> [What this task involves] Write out the data exactly, every line included.

> [Records to use]
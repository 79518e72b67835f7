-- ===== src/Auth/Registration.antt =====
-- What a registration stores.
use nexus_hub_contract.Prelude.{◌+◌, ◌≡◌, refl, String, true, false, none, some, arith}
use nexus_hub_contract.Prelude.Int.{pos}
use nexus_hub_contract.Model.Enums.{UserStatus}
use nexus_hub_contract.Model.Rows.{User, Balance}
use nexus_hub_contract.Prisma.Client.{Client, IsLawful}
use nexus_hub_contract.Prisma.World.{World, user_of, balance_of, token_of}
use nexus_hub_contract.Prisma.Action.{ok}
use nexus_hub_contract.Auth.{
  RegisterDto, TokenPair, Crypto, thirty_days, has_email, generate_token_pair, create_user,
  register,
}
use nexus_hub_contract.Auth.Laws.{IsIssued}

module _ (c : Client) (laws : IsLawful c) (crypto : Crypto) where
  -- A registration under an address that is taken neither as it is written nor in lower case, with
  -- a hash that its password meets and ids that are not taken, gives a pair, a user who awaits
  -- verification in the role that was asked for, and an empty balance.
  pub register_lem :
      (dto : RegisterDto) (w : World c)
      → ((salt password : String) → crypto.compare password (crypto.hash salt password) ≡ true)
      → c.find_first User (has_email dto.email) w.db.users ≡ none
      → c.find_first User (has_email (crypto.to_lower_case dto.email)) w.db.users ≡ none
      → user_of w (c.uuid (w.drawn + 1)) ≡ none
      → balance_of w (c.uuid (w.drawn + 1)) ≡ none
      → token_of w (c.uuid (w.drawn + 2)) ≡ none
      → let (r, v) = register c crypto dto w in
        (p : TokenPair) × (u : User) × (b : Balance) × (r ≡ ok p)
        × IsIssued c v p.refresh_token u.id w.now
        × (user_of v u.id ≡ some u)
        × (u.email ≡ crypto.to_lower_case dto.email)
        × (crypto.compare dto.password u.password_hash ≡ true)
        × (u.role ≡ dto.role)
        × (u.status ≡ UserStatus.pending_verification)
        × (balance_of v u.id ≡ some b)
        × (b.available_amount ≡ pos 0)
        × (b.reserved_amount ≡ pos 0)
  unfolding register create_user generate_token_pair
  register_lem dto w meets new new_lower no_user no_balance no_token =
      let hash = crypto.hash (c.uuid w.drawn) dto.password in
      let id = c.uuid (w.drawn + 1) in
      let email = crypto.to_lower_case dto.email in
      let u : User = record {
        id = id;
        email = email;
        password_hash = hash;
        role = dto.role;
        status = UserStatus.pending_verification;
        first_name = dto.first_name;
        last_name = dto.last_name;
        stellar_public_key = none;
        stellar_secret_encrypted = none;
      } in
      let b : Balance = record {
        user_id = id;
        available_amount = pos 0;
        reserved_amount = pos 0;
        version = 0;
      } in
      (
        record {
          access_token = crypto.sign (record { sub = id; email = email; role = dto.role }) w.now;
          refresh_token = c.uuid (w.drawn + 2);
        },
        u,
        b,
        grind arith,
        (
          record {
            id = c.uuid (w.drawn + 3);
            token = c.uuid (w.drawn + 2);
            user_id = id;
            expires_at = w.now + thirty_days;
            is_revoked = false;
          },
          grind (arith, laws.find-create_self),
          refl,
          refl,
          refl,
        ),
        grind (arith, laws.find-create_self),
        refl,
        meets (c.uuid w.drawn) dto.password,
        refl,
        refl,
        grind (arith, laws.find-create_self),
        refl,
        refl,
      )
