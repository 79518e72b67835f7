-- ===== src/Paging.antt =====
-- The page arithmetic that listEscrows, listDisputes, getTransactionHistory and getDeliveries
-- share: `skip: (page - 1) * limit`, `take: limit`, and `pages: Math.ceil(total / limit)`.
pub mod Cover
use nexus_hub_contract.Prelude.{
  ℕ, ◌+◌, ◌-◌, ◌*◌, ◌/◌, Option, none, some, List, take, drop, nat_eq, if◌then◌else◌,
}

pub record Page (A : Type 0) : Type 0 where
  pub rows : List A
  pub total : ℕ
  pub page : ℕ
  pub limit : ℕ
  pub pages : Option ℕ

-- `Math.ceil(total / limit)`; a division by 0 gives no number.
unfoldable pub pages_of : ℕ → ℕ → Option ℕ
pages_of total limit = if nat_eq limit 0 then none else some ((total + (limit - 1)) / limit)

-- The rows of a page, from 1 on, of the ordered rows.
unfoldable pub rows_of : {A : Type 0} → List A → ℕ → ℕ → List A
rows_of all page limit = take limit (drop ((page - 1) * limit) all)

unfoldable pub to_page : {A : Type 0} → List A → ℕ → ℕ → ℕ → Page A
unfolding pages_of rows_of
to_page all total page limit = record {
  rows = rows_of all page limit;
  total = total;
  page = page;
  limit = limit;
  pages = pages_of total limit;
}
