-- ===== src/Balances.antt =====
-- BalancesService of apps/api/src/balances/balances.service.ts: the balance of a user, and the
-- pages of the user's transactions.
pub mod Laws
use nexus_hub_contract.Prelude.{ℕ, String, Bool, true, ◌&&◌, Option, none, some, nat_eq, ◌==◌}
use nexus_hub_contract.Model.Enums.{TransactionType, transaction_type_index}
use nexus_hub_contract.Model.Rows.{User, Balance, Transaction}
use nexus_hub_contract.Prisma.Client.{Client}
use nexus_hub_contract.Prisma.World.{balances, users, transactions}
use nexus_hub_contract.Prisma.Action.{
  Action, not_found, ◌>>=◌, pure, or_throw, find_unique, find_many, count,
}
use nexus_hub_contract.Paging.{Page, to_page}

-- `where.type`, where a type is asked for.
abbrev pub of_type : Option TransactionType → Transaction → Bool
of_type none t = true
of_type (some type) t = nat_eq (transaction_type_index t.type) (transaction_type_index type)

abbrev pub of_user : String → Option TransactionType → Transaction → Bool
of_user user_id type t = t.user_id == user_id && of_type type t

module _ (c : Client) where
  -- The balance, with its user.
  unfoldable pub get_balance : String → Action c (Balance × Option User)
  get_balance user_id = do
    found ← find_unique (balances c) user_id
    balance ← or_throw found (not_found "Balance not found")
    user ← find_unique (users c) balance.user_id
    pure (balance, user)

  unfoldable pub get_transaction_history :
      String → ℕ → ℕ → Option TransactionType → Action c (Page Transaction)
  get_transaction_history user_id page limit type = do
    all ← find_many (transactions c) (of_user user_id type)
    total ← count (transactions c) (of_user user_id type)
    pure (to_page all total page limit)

> [Exercise solution]
repository 79518e72b67835f7
-- ===== src/Auth/Registration.antt =====
-- What a registration stores.
use nexus_hub_contract.Prelude.{◌+◌, ◌≡◌, refl, String, true, false, none, some, arith}
use nexus_hub_contract.Prelude.Int.{pos}
use nexus_hub_contract.Model.Enums.{UserStatus}
use nexus_hub_contract.Model.Rows.{User, Balance}
use nexus_hub_contract.Prisma.Client.{Client, IsLawful}
use nexus_hub_contract.Prisma.World.{World, user_of, balance_of, token_of}
use nexus_hub_contract.Prisma.Action.{ok}
use nexus_hub_contract.Auth.{
  RegisterDto, TokenPair, Crypto, thirty_days, has_email, generate_token_pair, create_user,
  register,
}
use nexus_hub_contract.Auth.Laws.{IsIssued}

module _ (c : Client) (laws : IsLawful c) (crypto : Crypto) where
  -- A registration under an address that is taken neither as it is written nor in lower case, with
  -- a hash that its password meets and ids that are not taken, gives a pair, a user who awaits
  -- verification in the role that was asked for, and an empty balance.
  pub register_lem :
      (dto : RegisterDto) (w : World c)
      → ((salt password : String) → crypto.compare password (crypto.hash salt password) ≡ true)
      → c.find_first User (has_email dto.email) w.db.users ≡ none
      → c.find_first User (has_email (crypto.to_lower_case dto.email)) w.db.users ≡ none
      → user_of w (c.uuid (w.drawn + 1)) ≡ none
      → balance_of w (c.uuid (w.drawn + 1)) ≡ none
      → token_of w (c.uuid (w.drawn + 2)) ≡ none
      → let (r, v) = register c crypto dto w in
        (p : TokenPair) × (u : User) × (b : Balance) × (r ≡ ok p)
        × IsIssued c v p.refresh_token u.id w.now
        × (user_of v u.id ≡ some u)
        × (u.email ≡ crypto.to_lower_case dto.email)
        × (crypto.compare dto.password u.password_hash ≡ true)
        × (u.role ≡ dto.role)
        × (u.status ≡ UserStatus.pending_verification)
        × (balance_of v u.id ≡ some b)
        × (b.available_amount ≡ pos 0)
        × (b.reserved_amount ≡ pos 0)
  unfolding register create_user generate_token_pair
  register_lem dto w meets new new_lower no_user no_balance no_token =
      let hash = crypto.hash (c.uuid w.drawn) dto.password in
      let id = c.uuid (w.drawn + 1) in
      let email = crypto.to_lower_case dto.email in
      let u : User = record {
        id = id;
        email = email;
        password_hash = hash;
        role = dto.role;
        status = UserStatus.pending_verification;
        first_name = dto.first_name;
        last_name = dto.last_name;
        stellar_public_key = none;
        stellar_secret_encrypted = none;
      } in
      let b : Balance = record {
        user_id = id;
        available_amount = pos 0;
        reserved_amount = pos 0;
        version = 0;
      } in
      (
        record {
          access_token = crypto.sign (record { sub = id; email = email; role = dto.role }) w.now;
          refresh_token = c.uuid (w.drawn + 2);
        },
        u,
        b,
        grind arith,
        (
          record {
            id = c.uuid (w.drawn + 3);
            token = c.uuid (w.drawn + 2);
            user_id = id;
            expires_at = w.now + thirty_days;
            is_revoked = false;
          },
          grind (arith, laws.find-create_self),
          refl,
          refl,
          refl,
        ),
        grind (arith, laws.find-create_self),
        refl,
        meets (c.uuid w.drawn) dto.password,
        refl,
        refl,
        grind (arith, laws.find-create_self),
        refl,
        refl,
      )
repository 79518e72b67835f7
-- ===== src/Paging.antt =====
-- The page arithmetic that listEscrows, listDisputes, getTransactionHistory and getDeliveries
-- share: `skip: (page - 1) * limit`, `take: limit`, and `pages: Math.ceil(total / limit)`.
pub mod Cover
use nexus_hub_contract.Prelude.{
  ℕ, ◌+◌, ◌-◌, ◌*◌, ◌/◌, Option, none, some, List, take, drop, nat_eq, if◌then◌else◌,
}

pub record Page (A : Type 0) : Type 0 where
  pub rows : List A
  pub total : ℕ
  pub page : ℕ
  pub limit : ℕ
  pub pages : Option ℕ

-- `Math.ceil(total / limit)`; a division by 0 gives no number.
unfoldable pub pages_of : ℕ → ℕ → Option ℕ
pages_of total limit = if nat_eq limit 0 then none else some ((total + (limit - 1)) / limit)

-- The rows of a page, from 1 on, of the ordered rows.
unfoldable pub rows_of : {A : Type 0} → List A → ℕ → ℕ → List A
rows_of all page limit = take limit (drop ((page - 1) * limit) all)

unfoldable pub to_page : {A : Type 0} → List A → ℕ → ℕ → ℕ → Page A
unfolding pages_of rows_of
to_page all total page limit = record {
  rows = rows_of all page limit;
  total = total;
  page = page;
  limit = limit;
  pages = pages_of total limit;
}
-- ===== src/Balances.antt =====
-- BalancesService of apps/api/src/balances/balances.service.ts: the balance of a user, and the
-- pages of the user's transactions.
pub mod Laws
use nexus_hub_contract.Prelude.{ℕ, String, Bool, true, ◌&&◌, Option, none, some, nat_eq, ◌==◌}
use nexus_hub_contract.Model.Enums.{TransactionType, transaction_type_index}
use nexus_hub_contract.Model.Rows.{User, Balance, Transaction}
use nexus_hub_contract.Prisma.Client.{Client}
use nexus_hub_contract.Prisma.World.{balances, users, transactions}
use nexus_hub_contract.Prisma.Action.{
  Action, not_found, ◌>>=◌, pure, or_throw, find_unique, find_many, count,
}
use nexus_hub_contract.Paging.{Page, to_page}

-- `where.type`, where a type is asked for.
abbrev pub of_type : Option TransactionType → Transaction → Bool
of_type none t = true
of_type (some type) t = nat_eq (transaction_type_index t.type) (transaction_type_index type)

abbrev pub of_user : String → Option TransactionType → Transaction → Bool
of_user user_id type t = t.user_id == user_id && of_type type t

module _ (c : Client) where
  -- The balance, with its user.
  unfoldable pub get_balance : String → Action c (Balance × Option User)
  get_balance user_id = do
    found ← find_unique (balances c) user_id
    balance ← or_throw found (not_found "Balance not found")
    user ← find_unique (users c) balance.user_id
    pure (balance, user)

  unfoldable pub get_transaction_history :
      String → ℕ → ℕ → Option TransactionType → Action c (Page Transaction)
  get_transaction_history user_id page limit type = do
    all ← find_many (transactions c) (of_user user_id type)
    total ← count (transactions c) (of_user user_id type)
    pure (to_page all total page limit)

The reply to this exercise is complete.